How do cartoonists develop material for new comic strips? That's a question with as many answers as there are cartoonists.

Lee Nordling, former syndicate editor and a comic strip writer himself suggested this recently on the Toon Talk message board:

"So, here's A process--not THE process--for developing a strip. I suspect it'll work for some but not for all. If you want to try it, change the stuff you know isn't for you. For example, people who write best in the evenings and not the mornings should probably change the timeframe for #1.

1) Every morning, before the daily chores of life have started to shove your creative process/thinking aside, write at least one week's worth of strips, daily and Sunday. Get them to the point where you're happy with them.

2) The next morning, write another week's worth of strips, daily and Sunday, then review what you wrote the previous day and edit accordingly. Take out the ones you're not happy with...but ignore the ones you wrote this day.

3) Continue this for at least three weeks. (Are you doing the math? Ignore it if you are; it's the quality that counts, not the quantity).

4) As you get up each morning and write a week's worth of strips, review what you've written and start to fashion your sample. Theoretically, you've culled out the weakest gags.
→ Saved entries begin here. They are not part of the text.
-- ===== src/Ingest.antt =====
-- app/core/ingest: what a document leaves behind when it is removed.
pub mod Compensator
pub mod Pending
pub mod Cleanup
pub mod Untouched
pub mod Resumption
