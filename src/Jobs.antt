-- ===== src/Jobs.antt =====
-- app/stores/job_store.py: the ingest jobs and the leases of the workers that run them. A method
-- takes the time and the settings that it reads.
pub mod Claim
pub mod Leased
pub mod Publication
pub mod Recovery
pub mod Rows
pub mod Recovered
pub mod Announced
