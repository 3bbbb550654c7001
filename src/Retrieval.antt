-- ===== src/Retrieval.antt =====
-- app/core/retrieval: the hybrid search, by its parts.
pub mod Items
pub mod Ranking
pub mod Variants
pub mod Fusion
pub mod Expansion
pub mod Reranker
pub mod Search
pub mod Selection
pub mod Retry
pub mod Limits
pub mod Provenance
pub mod Readiness
pub mod Neighbours
pub mod Abstention
pub mod Promotion
pub mod Ranks
pub mod Coverage
pub mod Best
pub mod Merging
Here, you'll realize you may need more defining gags for characters or relationships.

Filling these holes will be a new task, and, in repeating the process of writing every morning, you'll have many to cull from to fill those holes well.

Notice I didn't suggest you draw any of these gags.For me/this exercise, the point is to learn to become your own editor, to learn to cull cull cull from gags that aren't good enough (yet) to draw."

I tried this method on one of the strips I'm developing. I didn't get a week of strips written each day, but I did churn out a surprising amount of material: nearly 60 strips in six days. Not all of them are usable, of course, but most are solid, a few are really good, and even the bad ones are good idea starters.

How do others work? Anyone want to offer a different method?

1 comment:

  1. I look through the internet, newspapers, magazines or anything to get a topic to brainstorm about. Then I either walk or rollerblade or swim (not so good for taking notes) to send the ideas around my head. I can come up with ideas by just sitting down with a big sheet of paper and jotting connections, but I find it easier when blood is going round my brain a little faster.